(Data items)
____________________

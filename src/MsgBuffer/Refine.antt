-- ===== src/MsgBuffer/Refine.antt =====
-- LSSMsgBuffer against a queue of bytes.
use lssvc.Common.{
  >>=-some, Bool-cases, List, Option, [], ap, arith, drop, drop-drop, drop_all, inl, inr, leb,
  leb→le, length, length-take, refl, some, sym, take, take-append-drop, take-drop, ℕ, ◌++◌, ◌+◌,
  ◌-◌, ◌<◌, ◌>>=◌, ◌∙◌, ◌∷◌, ◌≡◌, ◌≤◌,
}
use lssvc.MsgBuffer.{
  MsgBuffer, append, contents, copy_in, failed, got, peek, read_fd, readable_bytes, retrieve,
  retrieve_all, writable_bytes,
}
use lssvc.MsgBuffer.Invariant.{
  Holds, IsValid, copy_in_lem, ensure_writeable_bytes-Holds, length-contents,
}
use mathlib.Core.List.{append_assoc}

-- `append` never faults or runs out of depth on a buffer in order, adds exactly the given bytes
-- behind the contents, and keeps the buffer in order.
pub append-Holds :
    (b : MsgBuffer) (bytes : List ℕ)
    → IsValid b
    → (b' : MsgBuffer) × (append b bytes ≡ some b') × Holds b' (contents b ++ bytes)
unfolding append
append-Holds b bytes v =
    let (c, e, holds, room) = ensure_writeable_bytes-Holds b (length bytes) v in
    let (b', e', holds', left) = copy_in_lem c bytes holds.0 room in
    (b', >>=-some (λ c. copy_in c bytes) e ∙ e', (holds'.0, rw holds.1 at holds'.1))

retrieve_all-Holds : (b : MsgBuffer) → IsValid b → Holds (retrieve_all b) []
unfolding retrieve_all
retrieve_all-Holds b v = (
  record {
    offset = omega arith;
    ordered = omega arith;
    within =
        ground (arith, v.within, v.offset, v.ordered, v.capacity, length-take {0} b.cap b.buffer);
    capacity = v.capacity;
  },
  refl,
)

rest_of :
    (b : MsgBuffer) (len : ℕ)
    → len ≤ readable_bytes b
    → take (b.tail - (b.head + len)) (drop (b.head + len) b.buffer) ≡ drop len (contents b)
rest_of b len h =
    let width : len + (b.tail - (b.head + len)) ≡ b.tail - b.head = omega (arith, h) in
    rw (← drop-drop len b.head b.buffer) (
      take-drop len (b.tail - (b.head + len)) (peek b)
      ∙ ap (λ (k : ℕ). drop len (take k (peek b))) width)

-- `retrieve` drops that many bytes, or all of them where there are fewer.
pub retrieve-Holds :
    (b : MsgBuffer) (len : ℕ) → IsValid b → Holds (retrieve b len) (drop len (contents b))
retrieve-Holds b len v = elim (Bool-cases (leb (readable_bytes b) len)) [
  | inl all ↦
      let short : length (contents b) ≤ len = omega (arith, length-contents b v, leb→le _ _ all) in
      let (v', e) = retrieve_all-Holds b v in
      unfold retrieve in rw all (v', e ∙ sym (drop_all len (contents b) short))
  | inr part ↦
      let fewer : len < readable_bytes b = ground arith in
      unfold retrieve in
      rw part (
        record {
          offset = omega (arith, v);
          ordered = omega (arith, v, fewer);
          within = v.within;
          capacity = v.capacity;
        },
        rest_of b len (omega (arith, fewer)),
      )
]

read_fd_got :
    (b : MsgBuffer) (bytes : List ℕ)
    → IsValid b
    → (b' : MsgBuffer) × (read_fd b (got bytes) ≡ some b') × Holds b' (contents b ++ bytes)
read_fd_got b bytes v = elim (Bool-cases (leb (length bytes) (writable_bytes b))) [
  | inl fits ↦
      let (b', e, holds, left) = copy_in_lem b bytes v (leb→le _ _ fits) in
      (b', unfold read_fd in rw fits e, holds)
  | inr over ↦
      let w : ℕ = writable_bytes b in
      let few : length (take w bytes) ≤ w = omega (arith, length-take {0} w bytes) in
      let (full, e, holds, left) = copy_in_lem b (take w bytes) v few in
      let (b', e', holds') = append-Holds full (drop w bytes) holds.0 in
      let both : (contents b ++ take w bytes) ++ drop w bytes ≡ contents b ++ bytes =
        append_assoc (contents b) (take w bytes) (drop w bytes)
        ∙ ap (◌++◌ (contents b)) (take-append-drop w bytes) in
      (
        b',
        unfold read_fd in rw over (>>=-some (λ c. append c (drop w bytes)) e ∙ e'),
        (holds'.0, holds'.1 ∙ ap (λ (xs : List ℕ). xs ++ drop w bytes) holds.1 ∙ both),
      )
]

-- `readFd`: an error leaves the buffer as it was; otherwise all that `readv` delivered, the part
-- that went to the stack included, follows the contents in order, and the buffer stays in order.
pub read_fd-Holds :
    (b : MsgBuffer)
    → IsValid b
    → ((errno : ℕ) → read_fd b (failed errno) ≡ some b)
      × ((bytes : List ℕ)
          → (b' : MsgBuffer) × (read_fd b (got bytes) ≡ some b') × Holds b' (contents b ++ bytes))
read_fd-Holds b v = (λ errno. unfold read_fd in refl, λ bytes. read_fd_got b bytes v)

-- The calls that change the contents, and what each does to a plain queue of bytes.
pub data Op : Type 0 where
  appends receives : List ℕ → Op
  retrieves : ℕ → Op

pub perform : MsgBuffer → Op → Option MsgBuffer
perform b (appends bytes) = append b bytes
perform b (receives bytes) = read_fd b (got bytes)
perform b (retrieves n) = some (retrieve b n)

pub run : MsgBuffer → List Op → Option MsgBuffer
run b [] = some b
run b (op ∷ ops) = perform b op >>= λ b'. run b' ops

abbrev pub queue_step : List ℕ → Op → List ℕ
queue_step xs (appends bytes) = xs ++ bytes
queue_step xs (receives bytes) = xs ++ bytes
queue_step xs (retrieves n) = drop n xs

abbrev pub queue_run : List ℕ → List Op → List ℕ
queue_run xs [] = xs
queue_run xs (op ∷ ops) = queue_run (queue_step xs op) ops

perform-Holds :
    (b : MsgBuffer) (op : Op)
    → IsValid b
    → (b' : MsgBuffer) × (perform b op ≡ some b') × Holds b' (queue_step (contents b) op)
unfolding perform
perform-Holds b (appends bytes) v = append-Holds b bytes v
perform-Holds b (receives bytes) v = read_fd_got b bytes v
perform-Holds b (retrieves n) v = (retrieve b n, refl, retrieve-Holds b n v)

-- Any sequence of appends, socket reads and retrieves on a buffer in order runs to its end, and
-- leaves what the same sequence leaves in a plain queue of bytes, with the buffer in order.
pub run-Holds :
    (b : MsgBuffer) (ops : List Op)
    → IsValid b
    → (b' : MsgBuffer) × (run b ops ≡ some b') × Holds b' (queue_run (contents b) ops)
unfolding run
run-Holds b [] v = (b, refl, (v, refl))
run-Holds b (op ∷ ops) v =
    let (c, e, holds) = perform-Holds b op v in
    let (b', e', holds') = run-Holds c ops holds.0 in
    (
      b',
      >>=-some (λ d. run d ops) e ∙ e',
      (holds'.0, holds'.1 ∙ ap (λ (xs : List ℕ). queue_run xs ops) holds.1),
    )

____________________

→ **TASK PROMPT**:
Above are records; count the lines among them that include the word "what", and give only the number.

→ **WRITTEN SOLUTION**:
2